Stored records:
Content starts
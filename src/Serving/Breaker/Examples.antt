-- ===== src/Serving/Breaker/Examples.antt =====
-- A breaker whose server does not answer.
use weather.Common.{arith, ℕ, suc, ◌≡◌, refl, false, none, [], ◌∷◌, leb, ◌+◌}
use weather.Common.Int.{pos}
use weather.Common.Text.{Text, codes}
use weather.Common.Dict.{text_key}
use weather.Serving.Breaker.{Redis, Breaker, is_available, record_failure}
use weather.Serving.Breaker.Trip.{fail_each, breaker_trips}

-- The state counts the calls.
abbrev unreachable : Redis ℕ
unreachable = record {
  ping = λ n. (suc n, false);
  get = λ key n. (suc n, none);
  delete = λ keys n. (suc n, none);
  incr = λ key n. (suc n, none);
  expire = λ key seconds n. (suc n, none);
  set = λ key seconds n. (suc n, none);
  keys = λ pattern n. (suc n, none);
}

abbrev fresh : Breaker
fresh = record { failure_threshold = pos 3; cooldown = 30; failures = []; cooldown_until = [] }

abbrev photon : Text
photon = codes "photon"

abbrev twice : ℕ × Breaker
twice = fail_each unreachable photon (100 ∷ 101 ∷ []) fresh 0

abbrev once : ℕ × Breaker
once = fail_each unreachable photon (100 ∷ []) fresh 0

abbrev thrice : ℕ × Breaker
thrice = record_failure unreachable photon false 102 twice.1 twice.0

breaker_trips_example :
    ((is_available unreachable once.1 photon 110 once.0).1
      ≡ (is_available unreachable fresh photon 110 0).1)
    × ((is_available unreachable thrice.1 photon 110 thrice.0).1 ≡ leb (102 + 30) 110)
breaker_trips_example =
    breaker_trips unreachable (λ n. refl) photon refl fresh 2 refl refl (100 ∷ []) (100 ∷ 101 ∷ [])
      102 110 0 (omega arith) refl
Content ends
Content starts
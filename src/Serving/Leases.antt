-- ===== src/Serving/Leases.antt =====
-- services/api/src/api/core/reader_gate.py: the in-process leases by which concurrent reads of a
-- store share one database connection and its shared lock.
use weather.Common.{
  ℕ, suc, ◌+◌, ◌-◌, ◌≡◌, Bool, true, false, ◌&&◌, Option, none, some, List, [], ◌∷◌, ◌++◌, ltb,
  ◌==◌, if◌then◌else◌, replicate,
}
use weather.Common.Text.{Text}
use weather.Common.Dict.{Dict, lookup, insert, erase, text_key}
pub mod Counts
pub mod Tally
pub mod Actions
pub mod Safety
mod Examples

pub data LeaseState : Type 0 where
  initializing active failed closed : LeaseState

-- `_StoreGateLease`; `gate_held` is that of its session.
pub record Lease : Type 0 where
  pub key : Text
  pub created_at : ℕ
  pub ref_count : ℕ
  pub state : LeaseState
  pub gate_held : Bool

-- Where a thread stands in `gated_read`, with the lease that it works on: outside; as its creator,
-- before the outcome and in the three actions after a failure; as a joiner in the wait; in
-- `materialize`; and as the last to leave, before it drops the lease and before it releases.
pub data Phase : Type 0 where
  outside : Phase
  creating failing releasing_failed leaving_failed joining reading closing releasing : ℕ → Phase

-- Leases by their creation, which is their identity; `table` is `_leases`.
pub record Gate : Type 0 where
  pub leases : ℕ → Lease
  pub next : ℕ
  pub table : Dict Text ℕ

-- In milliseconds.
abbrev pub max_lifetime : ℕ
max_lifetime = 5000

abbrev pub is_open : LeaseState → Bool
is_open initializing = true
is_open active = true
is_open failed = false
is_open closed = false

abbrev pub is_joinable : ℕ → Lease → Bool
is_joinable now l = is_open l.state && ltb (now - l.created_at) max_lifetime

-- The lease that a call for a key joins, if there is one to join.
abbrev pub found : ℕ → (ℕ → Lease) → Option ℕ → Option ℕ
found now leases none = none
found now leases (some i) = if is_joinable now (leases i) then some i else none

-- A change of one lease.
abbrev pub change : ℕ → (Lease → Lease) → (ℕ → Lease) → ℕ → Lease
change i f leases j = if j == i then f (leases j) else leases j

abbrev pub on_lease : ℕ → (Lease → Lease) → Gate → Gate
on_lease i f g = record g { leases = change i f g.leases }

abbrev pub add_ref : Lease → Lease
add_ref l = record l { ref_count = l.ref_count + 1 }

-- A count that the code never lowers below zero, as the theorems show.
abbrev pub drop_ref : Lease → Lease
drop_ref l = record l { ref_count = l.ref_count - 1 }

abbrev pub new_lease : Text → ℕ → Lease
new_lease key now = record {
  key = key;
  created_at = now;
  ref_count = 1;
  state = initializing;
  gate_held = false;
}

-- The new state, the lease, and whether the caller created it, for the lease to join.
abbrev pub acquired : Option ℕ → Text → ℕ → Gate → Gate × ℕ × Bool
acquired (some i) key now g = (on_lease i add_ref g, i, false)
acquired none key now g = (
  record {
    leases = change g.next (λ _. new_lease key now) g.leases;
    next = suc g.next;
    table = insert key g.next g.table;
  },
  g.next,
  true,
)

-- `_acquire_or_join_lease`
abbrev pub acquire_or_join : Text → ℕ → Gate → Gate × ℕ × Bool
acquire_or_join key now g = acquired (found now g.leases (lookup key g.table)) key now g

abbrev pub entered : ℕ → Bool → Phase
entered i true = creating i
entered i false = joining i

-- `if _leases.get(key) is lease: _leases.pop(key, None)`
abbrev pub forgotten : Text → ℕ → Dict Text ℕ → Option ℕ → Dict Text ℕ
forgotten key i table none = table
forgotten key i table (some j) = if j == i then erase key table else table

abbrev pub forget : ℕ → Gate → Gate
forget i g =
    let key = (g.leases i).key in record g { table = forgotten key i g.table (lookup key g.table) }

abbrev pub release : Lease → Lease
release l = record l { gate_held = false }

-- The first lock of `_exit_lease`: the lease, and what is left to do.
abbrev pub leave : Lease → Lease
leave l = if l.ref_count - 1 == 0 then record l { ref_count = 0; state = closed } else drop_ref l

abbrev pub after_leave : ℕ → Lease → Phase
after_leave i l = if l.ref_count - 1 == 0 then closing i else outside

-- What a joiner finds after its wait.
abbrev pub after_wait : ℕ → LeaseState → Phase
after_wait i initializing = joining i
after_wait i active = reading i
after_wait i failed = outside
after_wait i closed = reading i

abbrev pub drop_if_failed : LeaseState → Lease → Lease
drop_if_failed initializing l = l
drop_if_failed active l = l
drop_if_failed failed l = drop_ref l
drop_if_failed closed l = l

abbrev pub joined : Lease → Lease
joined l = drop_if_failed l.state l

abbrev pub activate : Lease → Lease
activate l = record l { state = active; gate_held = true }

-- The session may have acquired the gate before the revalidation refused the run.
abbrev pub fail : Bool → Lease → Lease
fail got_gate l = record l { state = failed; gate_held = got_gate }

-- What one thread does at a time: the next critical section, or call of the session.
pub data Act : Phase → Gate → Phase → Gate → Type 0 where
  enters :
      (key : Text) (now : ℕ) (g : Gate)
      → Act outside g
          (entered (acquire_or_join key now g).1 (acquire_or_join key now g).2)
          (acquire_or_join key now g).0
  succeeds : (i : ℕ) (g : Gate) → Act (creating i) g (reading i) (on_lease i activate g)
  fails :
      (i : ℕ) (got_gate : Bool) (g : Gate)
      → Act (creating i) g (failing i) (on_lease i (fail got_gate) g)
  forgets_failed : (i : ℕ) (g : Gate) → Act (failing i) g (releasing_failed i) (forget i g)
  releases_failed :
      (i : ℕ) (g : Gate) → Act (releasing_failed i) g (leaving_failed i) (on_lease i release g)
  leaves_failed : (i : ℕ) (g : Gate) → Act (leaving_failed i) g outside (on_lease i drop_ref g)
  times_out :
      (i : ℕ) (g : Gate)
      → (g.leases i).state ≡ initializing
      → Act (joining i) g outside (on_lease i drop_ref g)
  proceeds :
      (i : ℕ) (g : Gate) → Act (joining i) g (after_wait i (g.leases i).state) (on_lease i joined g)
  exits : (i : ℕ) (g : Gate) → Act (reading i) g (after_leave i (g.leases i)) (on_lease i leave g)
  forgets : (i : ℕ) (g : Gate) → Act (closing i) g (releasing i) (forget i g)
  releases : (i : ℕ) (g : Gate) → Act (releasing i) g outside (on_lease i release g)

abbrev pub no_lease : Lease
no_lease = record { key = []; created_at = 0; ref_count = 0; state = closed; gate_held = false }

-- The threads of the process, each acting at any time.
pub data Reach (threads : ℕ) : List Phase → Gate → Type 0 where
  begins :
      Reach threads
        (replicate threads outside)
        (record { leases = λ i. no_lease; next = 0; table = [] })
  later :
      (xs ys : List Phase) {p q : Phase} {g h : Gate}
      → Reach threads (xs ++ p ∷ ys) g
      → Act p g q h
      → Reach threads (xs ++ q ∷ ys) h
Content ends
_What to do:_ Taking the entries above, write out exactly the lines starting with the line containing "forgets : (i" and going on through the line containing "(xs ++ q ∷ ys) h", both included, and nothing else.

_Exercise solution:_
  forgets : (i : ℕ) (g : Gate) → Act (closing i) g (releasing i) (forget i g)
  releases : (i : ℕ) (g : Gate) → Act (releasing i) g outside (on_lease i release g)

abbrev pub no_lease : Lease
no_lease = record { key = []; created_at = 0; ref_count = 0; state = closed; gate_held = false }

-- The threads of the process, each acting at any time.
pub data Reach (threads : ℕ) : List Phase → Gate → Type 0 where
  begins :
      Reach threads
        (replicate threads outside)
        (record { leases = λ i. no_lease; next = 0; table = [] })
  later :
      (xs ys : List Phase) {p q : Phase} {g h : Gate}
      → Reach threads (xs ++ p ∷ ys) g
      → Act p g q h
      → Reach threads (xs ++ q ∷ ys) h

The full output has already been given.